The main downside of reverse back extensions is that your range of motion is usually smaller unless you find a better surface or machine than a weight bench or stability ball for this hip dominant exercise.
The upside is that reverse back extensions can be a great exercise for training your glutes, hamstrings, and lower back muscles.
6. Rack pulls
As the name implies, for the following hip dominant exercise you need a rack with adjustable safety bars. Besides that, you will also need a barbell.
Once you have the required gear, take the following steps to do a rack pull:
- Set up a barbell rack with the safety bars at a height just below your knees. Put the barbell on it and load it with the desired weight.
- Stand up straight with your feet at more or less shoulder width right in front of the barbell. Grab the barbell with a pronated grip which means with your hand palms pointing downward/backward. Slowly lift the barbell by tilting your upper body back until you stand up straight. Keep your back straight during the movement.
- Lower the barbell back into the position of step 1 in a controlled motion.
The rack pull is very similar to the Romanian deadlift but you rest at the bottom of the movement. Depending on your training goals and personal situation this hip dominant exercise can be a better or worse option.
7. Donkey kicks
Take the following steps to do a donkey kick:
- Start with your face facing the floor with your hands on the ground, your arms stretched, and your knees on the ground.

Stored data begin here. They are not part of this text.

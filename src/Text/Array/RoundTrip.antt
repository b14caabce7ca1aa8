-- ===== src/Text/Array/RoundTrip.antt =====
-- What `as_text_array` writes, `from_text_array` reads back, for members with no backslash.
use mathlib.Core.List.{append_assoc}
use mathlib.Core.Path.{ap₂}
use pg_cmd_queue.Base.{
  pos, ℕ, zero, suc, ◌+◌, ◌-◌, ◌<◌, ◌≡◌, refl, sym, ap, ◌≢◌, ◌∙◌, ◌⊎◌, inl, inr, true, false, List,
  [], ◌∷◌, ◌++◌, ◌==◌, Bool-cases, Bytes, codes, length, length-append, Result, ok, arith,
}
use pg_cmd_queue.Text.Quote.{escape, double_quote, joined, as_text_array}
use pg_cmd_queue.Text.Scan.{at, item, item_split, Lacks, pair_at, regroup, at_last}
use pg_cmd_queue.Text.Array.{
  ArrayScan, array_byte, array_push, array_start, without_backslashes, array_loop, from_text_array,
}

without_backslashes-escape : (m : Bytes) → Lacks b'\\' m → without_backslashes (escape m) ≡ m
without_backslashes-escape [] h = refl
without_backslashes-escape (c ∷ m) (h, hs) = ground (arith, without_backslashes-escape m hs)

escape-quote : (c : ℕ) (m : Bytes) → c ≡ b'"' → escape (c ∷ m) ≡ b'\\' ∷ c ∷ escape m
escape-quote c m h = ground arith

escape-plain : (c : ℕ) (m : Bytes) → c ≢ b'\\' → (c == b'"') ≡ false → escape (c ∷ m) ≡ c ∷ escape m
escape-plain c m h g = ground arith

abbrev pub NoBackslash : List Bytes → Type 0
NoBackslash [] = Unit
NoBackslash (m ∷ ms) = Lacks b'\\' m × NoBackslash ms

module _ (input : Bytes) (r : Result (List Bytes)) where
  -- With enough fuel the loop ends in `r` from this point.
  abbrev Runs : ℕ → ArrayScan → Type 0
  Runs i s = (fuel : ℕ) → length input < fuel + i → array_loop fuel input i s ≡ r

  Runs-end : (i : ℕ) (s : ArrayScan) → i ≡ length input → r ≡ ok s.result → Runs i s
  unfolding array_loop
  Runs-end i s e h zero enough = absurd (omega arith)
  Runs-end i s e h (suc fuel) enough = ground arith

  -- Inside quotes, at a byte that is no quote or an escaped one.
  Runs-quiet :
      (i : ℕ) (s : ArrayScan)
      → i < length input
      → s.in_quotes ≡ true
      → s.end_pos ≡ 0
      → (at input i ≢ b'"') ⊎ (at input (i - 1) ≡ b'\\')
      → Runs (i + 1) s
      → Runs i s
  unfolding array_loop array_byte
  Runs-quiet i s h q e c k zero enough = absurd (omega arith)
  Runs-quiet i s h q e c k (suc fuel) enough = ground (arith, k fuel)

  Runs-open :
      (i : ℕ) (s : ArrayScan)
      → i < length input
      → s.in_quotes ≡ false
      → s.end_pos ≡ 0
      → at input i ≡ b'"'
      → at input (i - 1) ≢ b'\\'
      → Runs (i + 1) (record s { start_pos = i + 1; in_quotes = true })
      → Runs i s
  unfolding array_loop array_byte
  Runs-open i s h q e c p k zero enough = absurd (omega arith)
  Runs-open i s h q e c p k (suc fuel) enough = ground (arith, k fuel)

  abbrev closed : ℕ → ArrayScan → ArrayScan
  closed i s =
      array_push input (record s { end_pos = i - 1; next_start_pos = i + 2; in_quotes = false })

  Runs-close :
      (i : ℕ) (s : ArrayScan)
      → i < length input
      → 1 < i
      → s.in_quotes ≡ true
      → 0 < s.start_pos
      → at input i ≡ b'"'
      → at input (i - 1) ≢ b'\\'
      → Runs (i + 2) (closed i s)
      → Runs i s
  unfolding array_loop array_byte
  Runs-close i s h h' q e c p k zero enough = absurd (omega arith)
  Runs-close i s h h' q e c p k (suc fuel) enough = ground (arith, k fuel)

  -- The bytes of an escaped member, from behind the byte `p`.
  Runs-escaped :
      (m pre : Bytes) (p : ℕ) (post : Bytes) (i j : ℕ) (s : ArrayScan)
      → Lacks b'\\' m
      → p ≢ b'\\'
      → input ≡ pre ++ p ∷ (escape m ++ b'"' ∷ post)
      → i ≡ length pre + 1
      → j ≡ i + length (escape m)
      → 0 < length pre
      → s.in_quotes ≡ true
      → s.end_pos ≡ 0
      → 0 < s.start_pos
      → Runs (j + 2) (closed j s)
      → Runs i s
  Runs-escaped [] pre p post i j s l np e ei ej pl q en st k =
      let (here, before, bound) = pair_at pre p b'"' post i e ei in
      let same : j ≡ i = omega arith in
      Runs-close i s bound (omega arith) q st here (λ b. np (sym before ∙ b)) (rw same at k)
  Runs-escaped (c ∷ m) pre p post i j s (l, ls) np e ei ej pl q en st k =
      elim (Bool-cases (c == b'"')) [
        | inl quote ↦
            let c_is : c ≡ b'"' = ground arith in
            let e2 : input ≡ pre ++ p ∷ b'\\' ∷ c ∷ (escape m ++ b'"' ∷ post) =
              e ∙ ap (λ t. pre ++ p ∷ (t ++ b'"' ∷ post)) (escape-quote c m c_is) in
            let (slash, _, bound) = pair_at pre p b'\\' _ i e2 ei in
            let e3 = e2 ∙ regroup pre p _ in
            let longer = length-append pre (p ∷ []) in
            let (_, before, bound') = pair_at (pre ++ p ∷ []) b'\\' c _ (i + 1) e3 (omega arith) in
            let last_len = length-append (pre ++ p ∷ []) (b'\\' ∷ []) in
            let jlen = ap length (escape-quote c m c_is) in
            Runs-quiet i s bound q en (inl (omega arith)) (
              Runs-quiet (i + 1) s bound' q en (inr before) (
                Runs-escaped m ((pre ++ p ∷ []) ++ b'\\' ∷ []) c post (i + 1 + 1) j s ls l
                  (e3 ∙ regroup (pre ++ p ∷ []) b'\\' _) (omega arith) (omega arith) (omega arith) q
                  en st k))
        | inr plain ↦
            let e2 : input ≡ pre ++ p ∷ c ∷ (escape m ++ b'"' ∷ post) =
              e ∙ ap (λ t. pre ++ p ∷ (t ++ b'"' ∷ post)) (escape-plain c m l plain) in
            let (here, _, bound) = pair_at pre p c _ i e2 ei in
            let longer = length-append pre (p ∷ []) in
            let jlen = ap length (escape-plain c m l plain) in
            let no_quote : c ≢ b'"' = ground arith in
            Runs-quiet i s bound q en (inl (omega arith)) (
              Runs-escaped m (pre ++ p ∷ []) c post (i + 1) j s ls l (e2 ∙ regroup pre p _)
                (omega arith) (omega arith) (omega arith) q en st k)
      ]

  abbrev after_member : Bytes → ℕ → ArrayScan → ArrayScan
  after_member m i s = record s {
    result = s.result ++ m ∷ [];
    end_pos = 0;
    start_pos = i + length (escape m) + 3;
    next_start_pos = i + length (escape m) + 3;
    in_quotes = false;
  }

  -- A whole quoted member, and the byte behind it.
  Runs-member :
      (m pre : Bytes) (p : ℕ) (post : Bytes) (i : ℕ) (s : ArrayScan)
      → Lacks b'\\' m
      → p ≢ b'\\'
      → input ≡ pre ++ p ∷ b'"' ∷ (escape m ++ b'"' ∷ post)
      → i ≡ length pre + 1
      → s.in_quotes ≡ false
      → s.end_pos ≡ 0
      → Runs (i + length (escape m) + 3) (after_member m i s)
      → Runs i s
  Runs-member m pre p post i s l np e ei q en k =
      let (here, before, bound) = pair_at pre p b'"' _ i e ei in
      let longer = length-append pre (p ∷ []) in
      let longer2 = length-append (pre ++ p ∷ []) (b'"' ∷ []) in
      let j = i + 1 + length (escape m) in
      let e2 : input ≡ (pre ++ p ∷ []) ++ b'"' ∷ (escape m ++ b'"' ∷ post) = e ∙ regroup pre p _ in
      let text : item input (i + 1) (j - 1) ≡ escape m =
        item_split ((pre ++ p ∷ []) ++ b'"' ∷ []) (escape m) (b'"' ∷ post) (i + 1) (j - 1)
          (e2 ∙ regroup (pre ++ p ∷ []) b'"' _) (omega arith) (omega arith) in
      let opened : ArrayScan = record s { start_pos = i + 1; in_quotes = true } in
      let member : without_backslashes (item input (i + 1) (j - 1)) ≡ m =
        ap without_backslashes text ∙ without_backslashes-escape m l in
      let next : j + 2 ≡ i + length (escape m) + 3 = omega arith in
      let state : closed j opened ≡ after_member m i s = ground (arith, member, next) in
      Runs-open i s bound q en here (λ b. np (sym before ∙ b))
        (Runs-escaped m (pre ++ p ∷ []) b'"' post (i + 1) j opened l (omega arith) e2 (omega arith)
          refl (omega arith) refl en (omega arith)
          (λ fuel enough. ap₂ (array_loop fuel input) next state ∙ k fuel (omega arith)))

  Runs-members :
      (m : Bytes) (ms : List Bytes) (pre : Bytes) (p i : ℕ) (s : ArrayScan)
      → NoBackslash (m ∷ ms)
      → p ≢ b'\\'
      → input
        ≡ pre
          ++ p ∷ b'"' ∷ (escape m ++ b'"' ∷ (joined (codes ",") double_quote true ms ++ codes "}"))
      → i ≡ length pre + 1
      → s.in_quotes ≡ false
      → s.end_pos ≡ 0
      → r ≡ ok (s.result ++ m ∷ ms)
      → Runs i s
  unfolding double_quote
  Runs-members m [] pre p i s (l, _) np e ei q en done =
      Runs-member m pre p (codes "}") i s l np e ei q en (
        Runs-end _ (after_member m i s)
          (omega (
            arith,
            ap length e,
            length-append pre (p ∷ b'"' ∷ (escape m ++ b'"' ∷ codes "}")),
            length-append (escape m) (b'"' ∷ codes "}"),
          ))
          done)
  Runs-members m (m2 ∷ ms) pre p i s (l, ls) np e ei q en done =
      Runs-member m pre p _ i s l np e ei q en (
        Runs-members m2 ms (pre ++ p ∷ b'"' ∷ (escape m ++ b'"' ∷ [])) b',' _ (after_member m i s)
          ls (omega arith) (e ∙ simp append_assoc)
          (omega (
            arith,
            length-append pre (p ∷ b'"' ∷ (escape m ++ b'"' ∷ [])),
            length-append (escape m) (b'"' ∷ []),
          ))
          refl refl (done ∙ ap ok (sym (append_assoc s.result (m ∷ []) (m2 ∷ ms)))))

  Runs-brace :
      (m : Bytes) (ms : List Bytes) (body : Bytes)
      → NoBackslash (m ∷ ms)
      → body ≡ joined (codes ",") double_quote false (m ∷ ms) ++ codes "}"
      → input ≡ b'{' ∷ body
      → r ≡ ok (m ∷ ms)
      → Runs 0 array_start
  unfolding array_loop array_byte double_quote
  Runs-brace m ms body l b e done zero enough = absurd (omega arith)
  Runs-brace m ms body l b e done (suc fuel) enough =
      let first : at input 0 ≡ b'{' = ap (λ s. at s 0) e in
      let bound : 0 < length input = omega (arith, ap length e) in
      ground (
        arith,
        first,
        bound,
        Runs-members m ms [] b'{' 1 (record array_start { depth = pos 1 }) l (omega arith)
            (e ∙ ap (◌∷◌ b'{') b ∙ simp append_assoc) refl refl refl done fuel,
      )

-- Reading back what `as_text_array` writes gives the members, if no member has a backslash:
-- quotes, commas, braces, spaces and empty members included.
pub from_text_array-as_text_array :
    (arrayish : List Bytes)
    → NoBackslash arrayish
    → from_text_array (as_text_array arrayish) ≡ ok arrayish
unfolding as_text_array from_text_array
from_text_array-as_text_array [] h = unfold array_byte in refl
from_text_array-as_text_array (m ∷ ms) h =
    rw (at_last b'{' (joined (codes ",") double_quote false (m ∷ ms)) b'}')
      (Runs-brace _ _ m ms _ h refl refl refl _ (omega arith))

- Move one foot upward until the upper leg on this side is in one line with your body. Keep your knees at 90-degree angles throughout the movement.
- Lower this leg back into the position of step 1 in a controlled motion.
- Repeat with your other leg.
In theory, you can do this hip dominant exercise with just your bodyweight. In reality, you will likely need extra resistance to see muscle growth in strong muscles like your glutes and hamstrings.
Some of the most straightforward ways to make donkey kicks more challenging are resistance bands and ankle weights but you can also clamp a medicine ball or dumbbell between the back of your upper legs and calves.